PROBLEM TO SOLVE
What lines in the material hold the string "that"? Copy out each of them.

THE INPUT
+--

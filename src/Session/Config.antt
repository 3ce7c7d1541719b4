-- ===== src/Session/Config.antt =====
-- The members of `session` (sbuild/sbuild-session.h) that do not change while it runs.
use schroot.Prelude.{List, [], ◌∷◌, Text}
use schroot.Prelude.Map.{Map}
use schroot.Auth.{Auth}
use schroot.Session.Chroot.{Chroot}
use schroot.Session.Setup.{Operation}

pub record ChrootListEntry : Type 0 where
  pub alias : Text
  pub chroot : Chroot

pub record Session : Type 0 where
  pub authstat : Auth
  pub chroots : List ChrootListEntry
  pub session_operation : Operation
  pub session_id : Text
  pub verbosity : Text
  pub user_options : Map Text
  pub mount_dir : Text

abbrev pub chroots_of : List ChrootListEntry → List Chroot
chroots_of [] = []
chroots_of (entry ∷ entries) = entry.chroot ∷ chroots_of entries
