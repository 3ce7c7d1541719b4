-- ===== src/Session/Exec/Laws.antt =====
-- How the actions of a session are taken apart.
use schroot.Prelude.{◌≡◌, refl, Bool, Option, none, arith, Bool-cases, inl, inr}
use schroot.Exception.{Exception, Result, ok, throw}
use schroot.Session.World.{Event, History}
use schroot.Session.Exec.{State, M, resume, ◌>>=◌, ◌>>◌, call, log, handle, try_catch, raise}

module _ {ℓ κ} {A : Type ℓ} {B : Type κ} where
  resume-ok :
      (f : A → M B) (r : Result A × State) (s' : State) (b : B)
      → resume f r ≡ (ok b, s')
      → (a : A) × (mid : State) × (r ≡ (ok a, mid)) × (f a mid ≡ (ok b, s'))
  resume-ok f (ok a, mid) s' b h = (a, mid, refl, h)
  resume-ok f (throw e, mid) s' b h = cc

  -- A sequence that returns: its first part returned, and then the second.
  pub >>=-ok :
      (m : M A) (f : A → M B) (s s' : State) (b : B)
      → (m >>= f) s ≡ (ok b, s')
      → (a : A) × (mid : State) × (m s ≡ (ok a, mid)) × (f a mid ≡ (ok b, s'))
  unfolding ◌>>=◌
  >>=-ok m f s s' b h = resume-ok f (m s) s' b h

  pub >>-ok :
      (m : M A) (k : M B) (s s' : State) (b : B)
      → (m >> k) s ≡ (ok b, s')
      → (a : A) × (mid : State) × (m s ≡ (ok a, mid)) × (k mid ≡ (ok b, s'))
  unfolding ◌>>◌
  >>-ok m k s s' b h = resume-ok (λ _. k) (m s) s' b h

-- A call that returns was answered by no exception.
pub call-ok :
    (event : Event) (reply : History → Option Exception) (s s' : State)
    → call event reply s ≡ (ok tt, s')
    → (reply s.history ≡ none) × (s' ≡ log event s)
call-ok event reply s s' h = ground arith

-- A block that ends by throwing does not return.
pub raise-returns :
    {A : Type 0} (before : M (Unit {0})) (e : Exception) (s s' : State) (a : A)
    → (before >> raise e) s ≡ (ok a, s')
    → ⊥
raise-returns before e s s' a h =
    let (_, mid, first, last) = >>-ok before (raise e) s s' a h in cc last

module _ {A : Type 0} (caught : Exception → Bool) (handler : Exception → M A) where
  handle-returns :
      ((e : Exception) (s s' : State) (a : A) → handler e s ≡ (ok a, s') → ⊥)
      → (r : Result A × State) (s' : State) (a : A) → handle caught handler r ≡ (ok a, s')
      → r ≡ (ok a, s')
  handle-returns never (ok b, mid) s' a h = h
  handle-returns never (throw e, mid) s' a h = elim (Bool-cases (caught e)) [
    | inl c ↦ absurd (never e mid s' a (rw c at h))
    | inr c ↦ cc (rw c at h)
  ]

  -- A `try` whose handler never returns: it returns only where its block does.
  pub try_catch-returns :
      ((e : Exception) (s s' : State) (a : A) → handler e s ≡ (ok a, s') → ⊥)
      → (m : M A) (s s' : State) (a : A) → try_catch caught m handler s ≡ (ok a, s')
      → m s ≡ (ok a, s')
  unfolding try_catch
  try_catch-returns never m s s' a h = handle-returns never (m s) s' a h

-- A `try` whose handler throws again.
pub try_catch-ok :
    {A : Type 0} (caught : Exception → Bool) (before : M (Unit {0})) (m : M A) (s s' : State)
    (a : A)
    → try_catch caught m (λ e. before >> raise e) s ≡ (ok a, s')
    → m s ≡ (ok a, s')
try_catch-ok caught before m s s' a h =
    try_catch-returns caught (λ e. before >> raise e) (λ e t t' b. raise-returns before e t t' b) m
      s s' a h
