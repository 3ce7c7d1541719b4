-- ===== src/Session/Exec/Spares.antt =====
-- Actions of a session that leave the saved signal handlers alone.
use schroot.Prelude.{◌≡◌, refl, ◌∙◌, Bool, Option, none, some, Bool-cases, inl, inr}
use schroot.Exception.{Exception, Result, ok, throw}
use schroot.Session.World.{Event, History}
use schroot.Session.Exec.{
  State, M, resume, ◌>>=◌, ◌>>◌, handle, try_catch, done, swallow, log, answer, call,
}

-- Whatever the outcome is, the saved handlers are those from before.
pub record Spares {ℓ} {A : Type ℓ} (m : M A) : Type 0 where
  pub spared : (s : State) → (m s).1.saved_handlers ≡ s.saved_handlers

pub resume-spared {ℓ κ} :
    {A : Type ℓ} {B : Type κ} (f : A → M B) (r : Result A × State)
    → ((a : A) → Spares (f a))
    → (resume f r).1.saved_handlers ≡ r.1.saved_handlers
resume-spared f (ok a, s) h = (h a).spared s
resume-spared f (throw e, s) h = refl

pub >>=-Spares {ℓ κ} :
    {A : Type ℓ} {B : Type κ} (m : M A) (f : A → M B)
    → Spares m
    → ((a : A) → Spares (f a))
    → Spares (m >>= f)
unfolding ◌>>=◌
>>=-Spares m f a b = record { spared = λ s. resume-spared f (m s) b ∙ a.spared s }

pub >>-Spares {ℓ κ} :
    {A : Type ℓ} {B : Type κ} (m : M A) (k : M B) → Spares m → Spares k → Spares (m >> k)
unfolding ◌>>◌
>>-Spares m k a b = record { spared = λ s. resume-spared (λ _. k) (m s) (λ _. b) ∙ a.spared s }

handle-spared {ℓ} :
    {A : Type ℓ} (caught : Exception → Bool) (f : Exception → M A) (r : Result A × State)
    → ((e : Exception) → Spares (f e))
    → (handle caught f r).1.saved_handlers ≡ r.1.saved_handlers
handle-spared caught f (ok a, s) h = refl
handle-spared caught f (throw e, s) h = elim (Bool-cases (caught e)) [
  | inl c ↦ rw c ((h e).spared s)
  | inr c ↦ rw c refl
]

pub try_catch-Spares {ℓ} :
    {A : Type ℓ} (caught : Exception → Bool) (m : M A) (f : Exception → M A)
    → Spares m
    → ((e : Exception) → Spares (f e))
    → Spares (try_catch caught m f)
unfolding try_catch
try_catch-Spares caught m f a b = record {
  spared = λ s. handle-spared caught f (m s) b ∙ a.spared s;
}

pub swallow-Spares :
    (caught : Exception → Bool) (m : M (Unit {0})) → Spares m → Spares (swallow caught m)
unfolding swallow
swallow-Spares caught m a =
    try_catch-Spares caught m (λ e. done) a (λ e. record { spared = λ s. refl })

answer-spared :
    (o : Option Exception) (s : State) → (answer o s).1.saved_handlers ≡ s.saved_handlers
answer-spared none s = refl
answer-spared (some e) s = refl

pub answer-Spares : (o : State → Option Exception) → Spares (λ s. answer (o s) s)
answer-Spares o = record { spared = λ s. answer-spared (o s) s }

pub call-Spares : (event : Event) (reply : History → Option Exception) → Spares (call event reply)
call-Spares event reply = record { spared = λ s. answer-spared (reply s.history) (log event s) }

+--

TASK OUTPUT
-- The members of `session` (sbuild/sbuild-session.h) that do not change while it runs.
  -- A sequence that returns: its first part returned, and then the second.
-- A call that returns was answered by no exception.
-- A block that ends by throwing does not return.
-- Actions of a session that leave the saved signal handlers alone.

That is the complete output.